My boat is 14' fiberglass skiff. She probably weighs around 1000 pounds. I am looking to spend around 300-400.


Any suggestions will help. I plan on removing the rails up front


----------



## Jason (Oct 2, 2007)

The Great White on sale on here would scoot that boat and leave a wake.....I have a 71 lb GW on the front of my 17 and it is great and pulls my boat around purty good! Mine is mounted in the middle of my cat where your cleat is up front. You probably wouldn't have enough room from your hatch to the front to mount one so you would have to off set it. In the price range you are looking at, you may find a decent one. Also you gotta decide whether you are looking fer a salt/fresh water unit..... A Gator Mount is what you would wanna look fer a mount, I've had 2 on my last 2 boats....


That's a good looking little sled too!!!!!


----------



## cskiff14 (Feb 6, 2014)

On sale on where??

A 71 lb would be plenty. I would probably want less. I am trying to minimize the space it will take up on my boat so the smallest size possible is what I am going for. It would definitely have to be off set...probably put it on the right. 

And I think my price was under estimated. I will probably be looking more towards 600-700.

Thanks for the beta. 

And, thanks! It's a decent boat. Great for the flats and really stable when fishing.


----------



## Ocean Master (May 20, 2008)

Nice Skiff..!! Good luck with the trolling motor.

I would look at the Minn-Kota 12 volt series. Hopefully you can find a used one.

I looked up the SE model with 55lbs thrust with 12v and it was $699.00 new. The SE models flip up onto the deck and you can remove the TM very easy. My sons MinnKota is 7 years old and still working fine.


----------



## 60hertz (Oct 1, 2007)

Spend the extra dough and get a MinnKota quick release bracket too.


----------



## Buckyt (Oct 1, 2007)

55 lb thrust 12volt would work.


----------



## Jason (Oct 2, 2007)

This is the one I was talking about.....it's way overkill, not to mention the extra weight of 2 batteries would be a finance and weight issue....

http://www.pensacolafishingforum.com/f50/motor-guide-great-white-f-s-504322/

I would definitely check out 12V instead of 24V fer a 14 ftr. A 55lb would work out well. Just check craigslist 2x's a day!!!:thumbsup:


----------



## cskiff14 (Feb 6, 2014)

That one is huge! I think the 12 volt, 55 lb, and 42 in shaft would be fine. I am looking to take up as little space as possible. It wont take much to push the boat around. 
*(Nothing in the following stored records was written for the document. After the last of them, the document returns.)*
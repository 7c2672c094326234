-- ===== src/Mailbox/Tests.antt =====
-- The server on concrete requests. The toy libraries: the hash is the identity, and a signature is
-- the signed string itself.
use skattr.Base.{
  ℕ, ◌+◌, ◌*◌, ◌≤◌, ◌≡◌, ◌↔◌, refl, true, List, [], ◌∷◌, Option, ◌++◌, none, some, Bytes, arith,
  same,
}
use skattr.Wire.{Serde, put_frame, to_be}
use skattr.Mailbox.Protocol.{
  Deposit, Fetch, Challenge, ChallengeNonce, DepositOk, PendingDeposit, FetchResponse,
}
use skattr.Mailbox.Failure.{ok, err, auth, nonce_expired}
use skattr.Mailbox.Auth.{
  Crypto, Challenges, get, verify, issue, sweep, signing_input, op_byte_fetch,
}
use skattr.Mailbox.Auth.Challenges.{
  Authentic, verify_iff, verify_once, Unissued, uses, sweeps, issues, at_once,
}
use skattr.Mailbox.Policy.{token, new, acquire_all}
use skattr.Mailbox.Policy.Bounds.{rate_limit}
use skattr.Mailbox.Codec.{challenge, Bodies, encode_body, encode_frame, kind_byte}
use skattr.Mailbox.Dispatch.{Libraries}

abbrev pub crypto : Crypto
crypto = record {
  sha256 = λ bytes. bytes;
  is_key = λ key. true;
  verifies = λ key input signature. same input signature;
}

abbrev pub silent : {A : Type 0} → Serde A
silent = record {
  into_writer = λ a. none;
  from_reader = λ bytes. none;
  reads_back = λ a bytes e. absurd (let k : none ≡ some bytes = e in cc);
}

abbrev toy_challenge : Serde Challenge
toy_challenge = record {
  into_writer = λ c. some (c.version ∷ c.identity_hash);
  from_reader = elim [ [] ↦ none | v ∷ h ↦ some (record { version = v; identity_hash = h }) ];
  reads_back = λ c bytes e. ground arith;
}

abbrev toy_deposit_ok : Serde DepositOk
toy_deposit_ok = record {
  into_writer = λ b. some (b.expires_at ∷ b.deposit_id);
  from_reader = elim [ [] ↦ none | t ∷ id ↦ some (record { deposit_id = id; expires_at = t }) ];
  reads_back = λ b bytes e. ground arith;
}

abbrev toy_nonce : Serde ChallengeNonce
toy_nonce = record {
  into_writer = λ b. some (b.issued_at ∷ b.nonce);
  from_reader = elim [ [] ↦ none | t ∷ n ↦ some (record { nonce = n; issued_at = t }) ];
  reads_back = λ b bytes e. ground arith;
}

-- One deposit at most, with an id of one byte.
abbrev write_response : List PendingDeposit → Option Bytes
write_response [] = some []
write_response (d ∷ []) = elim d.deposit_id [
  | [] ↦ none
  | a ∷ more ↦ elim more [ [] ↦ some (a ∷ d.received_at ∷ d.ciphertext) | _ ∷ _ ↦ none ]
]
write_response (d ∷ e ∷ ds) = none

abbrev read_response : Bytes → Option FetchResponse
read_response [] = some (record { deposits = [] })
read_response (a ∷ []) = none
read_response (a ∷ t ∷ c) =
    some
      (record { deposits = record { deposit_id = a ∷ []; ciphertext = c; received_at = t } ∷ [] })

pub response_reads_back :
    (ds : List PendingDeposit) (bytes : Bytes)
    → write_response ds ≡ some bytes
    → read_response bytes ≡ some (record { deposits = ds })
response_reads_back [] bytes e = ground (arith, e)
response_reads_back (d ∷ []) bytes e = one d.deposit_id refl
  where
    one :
        (id : Bytes) → d.deposit_id ≡ id → read_response bytes ≡ some (record { deposits = d ∷ [] })
    one [] k = absurd (ground (arith, k, e))
    one (a ∷ []) k = ground (arith, k, e)
    one (a ∷ b ∷ more) k = absurd (ground (arith, k, e))
response_reads_back (d ∷ x ∷ ds) bytes e = absurd (let k : none ≡ some bytes = e in cc)

abbrev toy_response : Serde FetchResponse
toy_response = record {
  into_writer = λ b. write_response b.deposits;
  from_reader = read_response;
  reads_back = λ b. response_reads_back b.deposits;
}

-- A deposit for a hash of one byte, and a fetch with a key and a nonce of one byte.
abbrev write_deposit : ℕ → ℕ → Bytes → Bytes → Option Bytes
write_deposit v t (h ∷ []) c = some (v ∷ t ∷ h ∷ c)
write_deposit v t _ c = none

abbrev read_deposit : Bytes → Option Deposit
read_deposit (v ∷ t ∷ h ∷ c) =
    some (record { version = v; recipient_hash = h ∷ []; ciphertext = c; ttl_request = t })
read_deposit _ = none

pub deposit_reads_back :
    (v t : ℕ) (h c bytes : Bytes)
    → write_deposit v t h c ≡ some bytes
    → read_deposit bytes
      ≡ some (record { version = v; recipient_hash = h; ciphertext = c; ttl_request = t })
deposit_reads_back v t [] c bytes e = absurd (let k : none ≡ some bytes = e in cc)
deposit_reads_back v t (h ∷ []) c bytes e = ground (arith, e)
deposit_reads_back v t (h ∷ x ∷ hs) c bytes e = absurd (let k : none ≡ some bytes = e in cc)

abbrev toy_deposit : Serde Deposit
toy_deposit = record {
  into_writer = λ b. write_deposit b.version b.ttl_request b.recipient_hash b.ciphertext;
  from_reader = read_deposit;
  reads_back = λ b. deposit_reads_back b.version b.ttl_request b.recipient_hash b.ciphertext;
}

abbrev write_fetch : ℕ → Bytes → Bytes → Bytes → Option Bytes
write_fetch v (k ∷ []) (n ∷ []) sig = some (v ∷ k ∷ n ∷ sig)
write_fetch v _ _ sig = none

abbrev read_fetch : Bytes → Option Fetch
read_fetch (v ∷ k ∷ n ∷ sig) =
    some (record { version = v; identity_pubkey = k ∷ []; nonce = n ∷ []; signature = sig })
read_fetch _ = none

pub fetch_reads_back :
    (v : ℕ) (k n sig bytes : Bytes)
    → write_fetch v k n sig ≡ some bytes
    → read_fetch bytes
      ≡ some (record { version = v; identity_pubkey = k; nonce = n; signature = sig })
fetch_reads_back v [] n sig bytes e = absurd (let k : none ≡ some bytes = e in cc)
fetch_reads_back v (k ∷ []) [] sig bytes e = absurd (let k : none ≡ some bytes = e in cc)
fetch_reads_back v (k ∷ []) (n ∷ []) sig bytes e = ground (arith, e)
fetch_reads_back v (k ∷ []) (n ∷ x ∷ ns) sig bytes e = absurd (let k : none ≡ some bytes = e in cc)
fetch_reads_back v (k ∷ x ∷ ks) n sig bytes e = absurd (let k : none ≡ some bytes = e in cc)

abbrev toy_fetch : Serde Fetch
toy_fetch = record {
  into_writer = λ b. write_fetch b.version b.identity_pubkey b.nonce b.signature;
  from_reader = read_fetch;
  reads_back = λ b. fetch_reads_back b.version b.identity_pubkey b.nonce b.signature;
}

abbrev bodies : Bodies
bodies = record {
  deposit_body = toy_deposit;
  deposit_ok_body = toy_deposit_ok;
  challenge_body = toy_challenge;
  challenge_nonce_body = toy_nonce;
  fetch_body = toy_fetch;
  fetch_response_body = toy_response;
  delete_body = silent;
  delete_ok_body = silent;
  error_body = silent;
}

abbrev pub toy : Libraries
toy = record {
  crypto = crypto;
  fetch_tuple = λ version key nonce. some (version ∷ key ++ nonce);
  delete_tuple = λ version key nonce ids. some (version ∷ key ++ nonce);
  bodies = bodies;
}

abbrev pub nonce : Bytes
nonce = 5 ∷ []

abbrev pub key : Bytes
key = 7 ∷ []

abbrev pub issued : Challenges
issued = (nonce, record { identity_hash = key; issued_at = 10 }) ∷ []

abbrev pub payload : Bytes
payload = 1 ∷ 7 ∷ 5 ∷ []

abbrev pub signature_of : ℕ → Bytes
signature_of op = signing_input nonce op payload

accepted_fetch :
    (verify crypto issued nonce key (signature_of op_byte_fetch) op_byte_fetch payload 20).1 ≡ ok tt
unfolding verify get signing_input same
accepted_fetch = refl

verify_iff_example :
    ((verify crypto issued nonce key (signature_of op_byte_fetch) op_byte_fetch payload 20).1
      ≡ ok tt)
    ↔ Authentic crypto issued nonce key (signature_of op_byte_fetch) op_byte_fetch payload 20
verify_iff_example =
    verify_iff crypto issued nonce key (signature_of op_byte_fetch) op_byte_fetch payload 20

-- The nonce is used, then used again in vain, while another one is issued and the sweep runs.
abbrev used : Challenges
used = (verify crypto issued nonce key (signature_of op_byte_fetch) op_byte_fetch payload 20).0

abbrev later : Challenges
later =
    (verify crypto (sweep (issue used (6 ∷ []) key 21) 22).0 nonce key (signature_of op_byte_fetch)
      op_byte_fetch payload 23).0

later-Unissued : Unissued crypto nonce used later
later-Unissued =
    uses nonce key (signature_of op_byte_fetch) op_byte_fetch payload 23
      (sweeps 22 (issues (6 ∷ []) key 21 at_once (unfold same in refl)))

verify_once_example :
    (verify crypto later nonce key (signature_of op_byte_fetch) op_byte_fetch payload 24).1
    ≡ err (auth nonce_expired)
verify_once_example =
    verify_once crypto issued nonce key (signature_of op_byte_fetch) op_byte_fetch payload 20 later
      key (signature_of op_byte_fetch) op_byte_fetch payload 24 accepted_fetch later-Unissued

abbrev minute : ℕ
minute = 60

rate_limit_example :
    (acquire_all (new 6 100) (100 ∷ 200 ∷ [])).1 * token + 100 * 6 ≤ 6 * token + 200 * 6
rate_limit_example =
    rate_limit 6 100 (100 ∷ 200 ∷ [])
      ((let le : 100 ≤ 100 = omega arith in le), ((let le : 100 ≤ 200 = omega arith in le), tt))

abbrev ask : Challenge
ask = record { version = 1; identity_hash = key }

abbrev ask_bytes : Bytes
ask_bytes = 0 ∷ 0 ∷ 0 ∷ 3 ∷ 0x84 ∷ 1 ∷ 7 ∷ []

encode_ask : encode_frame bodies (challenge ask) (9 ∷ []) ≡ ok (9 ∷ ask_bytes)
unfolding encode_frame encode_body kind_byte put_frame to_be
encode_ask = refl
Also, there are many bad reviews of the riptide going around the interwebs. Aggree disagree?


----------



## MGuns (Dec 31, 2007)

I have the Motorguide GW 82lb thrust on my 18’ bass boat and it moves it along very nice. And at $475 that’s a great price providing the gentleman who was coming to look at it didn’t snatch it up.


----------



## kanaka (Oct 3, 2007)

Google MK Riptide 3X, that's where you'll find the most complaints.

Personally, I'd rather bump the motor head against something with a shaft that gives vs SS.


----------



## murfpcola (Aug 28, 2012)

I would stay with the twelve volt motors so you don't have the expense or weight of two trolling batteries. That should be plenty considering how light your boat.


----------



## gastonfish (Mar 24, 2012)

Heard of a watersnake trolling motor? It would fit perfectly on that rig. Its new to the states but been around for years in Australia. Sportsman's guide has the saltwater series for under 250 for tiller bow mount saltwater series.


----------



## cskiff14 (Feb 6, 2014)

The watersnake brand is new to me. Definitely like the price. However, with something like this, at least in my experience, I find you get what you pay for. Has anybody had any experience with the watersnakes?


----------



## gastonfish (Mar 24, 2012)

I'm curious also


----------



## dustyflair (Nov 11, 2011)

If you are using the boat to fish I would get a 24 V with as much piwer as I can afford. Motor works less and the WIND will kill a 12 V in an hour. The foot print of most models are the same. Quick release bracket BUT you will have to remove the railing or that cleat to make it work on that boat.


----------



## TheGreatBuzz (Nov 12, 2014)

This seems like a good thread to ask this question in....Do you think I can install a tolling motor on a 2200XS Nautic Star? Only really want it for the GPS anchor feature. I saw it being used off shore yesterday and seems a lot easier than anchoring. How feasible is that?


----------



## MGuns (Dec 31, 2007)

TheGreatBuzz said:


> This seems like a good thread to ask this question in....Do you think I can install a tolling motor on a 2200XS Nautic Star? Only really want it for the GPS anchor feature. I saw it being used off shore yesterday and seems a lot easier than anchoring. How feasible is that?


That's exactly why I want the Motorguide XI5; for the "anchor mode". If I'm deeper than 8' I can't use the Power Pole so the anchor mode would be great.


----------



## TheGreatBuzz (Nov 12, 2014)

MGuns said:


> That's exactly why I want the Motorguide XI5; for the "anchor mode". If I'm deeper than 8' I can't use the Power Pole so the anchor mode would be great.


 
Yea I have a power pole and I love it but it's not much use in 80' of water. I was wondering about putting a trolling motor on a "offshore" style boat. Haven't seen it much and was wondering about the feasibility.


----------



## johnboatjosh (May 19, 2008)

I'd be looking at minnkota riptides. 12v, 55 lb thrust and get the quick detach mount. I've never had anything but good service from riptides


----------



## X-Shark (Oct 3, 2007)

A surface mount Circuit Breaker is needed...I ALWAYS install a ON/OFF Master switch.

Failure to shut the power off to the motor results in corrosion. Like this.










This boat had a ON/OFF switch installed. But still had corrosion.

All I can do is explain what needs to be done. If the owner fails to follow instructions by Not turning the switch OFF at the end of the day, this is the result.


----------